Erythropoiesis at the crossroad of TGF-beta signaling, epigenetic and mitochondrial dynamics. – ZEBERY

Erythroid differentiation is an essential and continuous process leading to the production of red blood cells. Anemia is a major health problem in humans with ~6-8% of the world population carrying an allele that is deleterious for red blood cell function in a homozygous state. How production of RBCs is achieved in vivo is currently unclear, and how the signaling pathways, metabolic activities and (epi)genetic functions underlying this process are properly coordinated remains poorly characterized.
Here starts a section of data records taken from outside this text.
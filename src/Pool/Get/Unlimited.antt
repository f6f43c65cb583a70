-- ===== src/Pool/Get/Unlimited.antt =====
-- A Get of an open pool without a limit always gives a connection, and what it leaves idle.
use framego.Prelude.{
  ℕ, zero, suc, ◌+◌, ◌≡◌, ◌≢◌, refl, sym, ap, ◌∙◌, subst, Bool, true, false, ◌&&◌, List, [], ◌∷◌,
  Option, none, some, length, ltb, arith, Bool-cases, inl, inr,
}
use framego.Pool.Methods.{
  PoolConn, Config, Pool, take_token, forget, pop_back, pop_front, is_stale, is_young, admit,
  Admission, dials, split_last, split_first, after_pop,
}
use framego.Pool.Get.{
  if_stale, prune_next, prune, Borrowed, none_idle, borrowed, borrow_next, borrow, Got, waits,
  refused, reused, dial, admitted, after_borrow, after_token, prune_if, get,
}

-- This connection is not idle.
abbrev pub IsOther : ℕ → List PoolConn → Type 0
IsOther c [] = Unit {0}
IsOther c (x ∷ xs) = (x.c ≢ c) × IsOther c xs

abbrev OthersPopped : ℕ → Option (List PoolConn × PoolConn) → Type 0
OthersPopped c none = Unit {0}
OthersPopped c (some (rest, pc)) = IsOther c rest × (pc.c ≢ c)

IsOther-split_last : (c : ℕ) (l : List PoolConn) → IsOther c l → OthersPopped c (split_last l)
IsOther-split_last c [] h = tt
IsOther-split_last c (x ∷ []) h = (tt, h.0)
IsOther-split_last c (x ∷ y ∷ xs) h =
    push (split_last (y ∷ xs)) h.0 (IsOther-split_last c (y ∷ xs) h.1)
  where
    push :
        (o : Option (List PoolConn × PoolConn))
        → (x.c ≢ c)
        → OthersPopped c o
        → OthersPopped c (elim o [ none ↦ none | some (rest, last) ↦ some (x ∷ rest, last) ])
    push none d k = tt
    push (some (rest, last)) d k = ((d, k.0), k.1)

module _ (P : ℕ → Type 0) where
  -- No connection is idle twice, and each has the property.
  abbrev pub AreGood : List PoolConn → Type 0
  AreGood [] = Unit {0}
  AreGood (x ∷ xs) = P x.c × IsOther x.c xs × AreGood xs

  abbrev pub IsPopped : Option (List PoolConn × PoolConn) → Type 0
  IsPopped none = Unit {0}
  IsPopped (some (rest, pc)) = AreGood rest × P pc.c × IsOther pc.c rest

  -- A pool that is open, with this configuration, whose idle connections are good.
  abbrev pub IsReady : Config → Pool → Type 0
  IsReady config p = (p.config ≡ config) × (p.closed ≡ false) × AreGood p.idle

  -- What a Get gives is good, and is idle no more.
  abbrev pub IsGiven : Config → Got → Type 0
  IsGiven config waits = ⊥
  IsGiven config (refused p closes) = ⊥
  IsGiven config (reused p pc closes) = IsReady config p × P pc.c × IsOther pc.c p.idle
  IsGiven config (dial p closes) = IsReady config p × (p.idle ≡ [])

  push-IsPopped :
      (x : PoolConn) (o : Option (List PoolConn × PoolConn))
      → P x.c
      → OthersPopped x.c o
      → IsPopped o
      → IsPopped (elim o [ none ↦ none | some (rest, last) ↦ some (x ∷ rest, last) ])
  push-IsPopped x none p others good = tt
  push-IsPopped x (some (rest, last)) p others good =
      ((p, others.0, good.0), good.1, (λ e. others.1 (sym e), good.2))

  pub IsPopped-split_last : (l : List PoolConn) → AreGood l → IsPopped (split_last l)
  IsPopped-split_last [] h = tt
  IsPopped-split_last (x ∷ []) h = (tt, h.0, tt)
  IsPopped-split_last (x ∷ y ∷ xs) h =
      push-IsPopped x (split_last (y ∷ xs)) h.0 (IsOther-split_last x.c (y ∷ xs) h.1)
        (IsPopped-split_last (y ∷ xs) h.2)

  IsPopped-split_first : (l : List PoolConn) → AreGood l → IsPopped (split_first l)
  IsPopped-split_first [] h = tt
  IsPopped-split_first (x ∷ xs) h = (h.2, h.0, h.1)

  abbrev PoppedReady : Config → Option (Pool × PoolConn) → Type 0
  PoppedReady config none = Unit {0}
  PoppedReady config (some (q, pc)) = IsReady config q × P pc.c × IsOther pc.c q.idle

  PoppedReady-after_pop :
      (config : Config) (p : Pool) (o : Option (List PoolConn × PoolConn))
      → IsReady config p
      → IsPopped o
      → PoppedReady config (after_pop p o)
  PoppedReady-after_pop config p none ready popped = tt
  PoppedReady-after_pop config p (some (rest, pc)) ready popped =
      ((ready.0, ready.1, popped.0), popped.1, popped.2)

  pub IsReady-forget : (config : Config) (p : Pool) → IsReady config p → IsReady config (forget p)
  unfolding forget
  IsReady-forget config p ready = ready

  prune_next-IsReady :
      (config : Config) (now : ℕ) (rest : Pool → List PoolConn → Pool × List PoolConn) (p : Pool)
      (closes : List PoolConn) (o : Option (Pool × PoolConn))
      → ((q : Pool) (cs : List PoolConn) → IsReady config q → IsReady config (rest q cs).0)
      → IsReady config p
      → PoppedReady config o
      → IsReady config (prune_next rest p closes (if_stale now o)).0
  prune_next-IsReady config now rest p closes none step ready popped = ready
  prune_next-IsReady config now rest p closes (some (q, pc)) step ready popped =
      elim (Bool-cases (is_stale q.config pc now)) [
        | inl e ↦ rw e (step (forget q) (pc ∷ closes) (IsReady-forget config q popped.0))
        | inr e ↦ rw e ready
      ]

  prune-IsReady :
      (config : Config) (n now : ℕ) (p : Pool) (closes : List PoolConn)
      → IsReady config p
      → IsReady config (prune n now p closes).0
  unfolding prune pop_back
  prune-IsReady config zero now p closes ready = ready
  prune-IsReady config (suc n) now p closes ready =
      prune_next-IsReady config now (prune n now) p closes (pop_back p)
        (λ q cs r. prune-IsReady config n now q cs r) ready
        (PoppedReady-after_pop config p (split_last p.idle) ready
          (IsPopped-split_last p.idle ready.2))

  -- The end of a borrowing: nothing is idle where none passes.
  abbrev IsEnd : Config → ℕ → Borrowed → Type 0
  IsEnd config n (none_idle p closes) = IsReady config p × (length p.idle ≡ 0)
  IsEnd config n (borrowed p pc closes) = IsReady config p × P pc.c × IsOther pc.c p.idle

  borrow_next-IsEnd :
      (config : Config) (n : ℕ) (rest : Pool → List PoolConn → Borrowed) (test : PoolConn → Bool)
      (now : ℕ) (p : Pool) (closes : List PoolConn) (l : List PoolConn)
      → length l ≡ suc n
      → IsReady config p
      → AreGood l
      → ((q : Pool) (cs : List PoolConn)
          → length q.idle ≡ n
          → IsReady config q
          → IsEnd config n (rest q cs))
      → IsEnd config (suc n) (borrow_next rest test now p closes (after_pop p (split_first l)))
  unfolding forget
  borrow_next-IsEnd config n rest test now p closes [] e ready good step =
      absurd (ground (e, arith))
  borrow_next-IsEnd config n rest test now p closes (x ∷ xs) e ready good step =
      elim (Bool-cases (test x && is_young p.config x now)) [
        | inl t ↦ rw t ((ready.0, ready.1, good.2), good.0, good.1)
        | inr f ↦ rw f (
            widen (rest (forget (record p { idle = xs })) (x ∷ closes)) (
              step (forget (record p { idle = xs })) (x ∷ closes) (ground (e, arith))
                (ready.0, ready.1, good.2)))
      ]
    where
      widen : (b : Borrowed) → IsEnd config n b → IsEnd config (suc n) b
      widen (none_idle q cs) h = h
      widen (borrowed q pc cs) h = h

  borrow-IsEnd :
      (config : Config) (n : ℕ) (test : PoolConn → Bool) (now : ℕ) (p : Pool)
      (closes : List PoolConn)
      → length p.idle ≡ n
      → IsReady config p
      → IsEnd config n (borrow n test now p closes)
  unfolding borrow pop_front
  borrow-IsEnd config zero test now p closes e ready = (ready, e)
  borrow-IsEnd config (suc n) test now p closes e ready =
      borrow_next-IsEnd config n (borrow n test now) test now p closes p.idle e ready ready.2
        (λ q cs i r. borrow-IsEnd config n test now q cs i r)

  length_zero : (l : List PoolConn) → length l ≡ 0 → l ≡ []
  length_zero [] e = refl
  length_zero (x ∷ xs) e = absurd (ground (e, arith))

  admit_unlimited :
      (p : Pool)
      → p.closed ≡ false
      → p.config.max_active ≡ 0
      → admit p ≡ dials (record p { active = p.active + 1 })
  unfolding admit
  admit_unlimited p is_open no_limit = ground (is_open, no_limit, arith)

  after_borrow-IsGiven :
      (config : Config) (n : ℕ) (b : Borrowed)
      → config.max_active ≡ 0
      → IsEnd config n b
      → IsGiven config (after_borrow b)
  unfolding admit
  after_borrow-IsGiven config n (none_idle p closes) no_limit (ready, e) =
      subst (λ (x : Admission). IsGiven config (admitted p closes x))
        (sym (admit_unlimited p ready.1 (ap (λ (c : Config). c.max_active) ready.0 ∙ no_limit)))
        ((ready.0, ready.1, ready.2), length_zero p.idle e)
  after_borrow-IsGiven config n (borrowed p pc closes) no_limit h = h

  prune_if-IsReady :
      (config : Config) (timed : Bool) (now : ℕ) (p : Pool)
      → IsReady config p
      → IsReady config (prune_if timed now p).0
  prune_if-IsReady config true now p ready = prune-IsReady config (length p.idle) now p [] ready
  prune_if-IsReady config false now p ready = ready

  take_token_unlimited :
      (config : Config) (p : Pool)
      → config.max_active ≡ 0
      → p.config ≡ config
      → take_token p ≡ some p
  unfolding take_token
  take_token_unlimited config p no_limit same =
      let e : p.config.max_active ≡ 0 = rw same no_limit in
      elim (Bool-cases p.wait) [ inl w ↦ rw (w, e) refl | inr w ↦ rw w refl ]

  -- A Get of an open pool without a limit neither waits nor fails: it gives a connection that was idle, which has what the idle ones have and is idle no more, or leave to dial where none is left.
  pub get-IsGiven :
      (config : Config) (p : Pool) (now : ℕ) (test : PoolConn → Bool)
      → config.max_active ≡ 0
      → IsReady config p
      → IsGiven config (get p now test)
  unfolding get after_token
  get-IsGiven config p now test no_limit ready =
      let (q, closes) = prune_if (ltb 0 p.config.idle_timeout) now p in
      let ready_q = prune_if-IsReady config (ltb 0 p.config.idle_timeout) now p ready in
      rw (take_token_unlimited config p no_limit ready.0) (
        after_borrow-IsGiven config (length (prune_if (ltb 0 p.config.idle_timeout) now p).0.idle)
          (borrow (length (prune_if (ltb 0 p.config.idle_timeout) now p).0.idle) test now
            (prune_if (ltb 0 p.config.idle_timeout) now p).0
            (prune_if (ltb 0 p.config.idle_timeout) now p).1)
          no_limit
          (borrow-IsEnd config (length (prune_if (ltb 0 p.config.idle_timeout) now p).0.idle) test
            now (prune_if (ltb 0 p.config.idle_timeout) now p).0
            (prune_if (ltb 0 p.config.idle_timeout) now p).1 refl ready_q))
We were the first to show that the TGF-beta pathway and its antagonist (TGF-beta1 and GDF11, respectively) are key effectors of RBC production, and we recently identified through genome-wide and functional assays novel transcription factors, related to this pathway, at the control of RBC production. Importantly, our recent data link this regulatory axis to the control of mitochondrial activity. We wish to investigate how signaling and epigenetic features interconnect with mitochondrial activity to control terminal erythroid differentiation in normal and pathological conditions. Our consortium assembles experts in normal & pathological erythropoiesis, metabolism and epigenetics to address these questions. We will deploy molecular approaches, in vivo models and high throughput assays to provide a deep characterization of the molecular mechanisms controlling terminal erythroid differentiation with the aim to identify novel regulators and test their involvement in ineffective erythropoiesis in pathological conditions such as beta-thalassemia and sickle cell anemias, two of the most common genetic disorders in humans worldwide.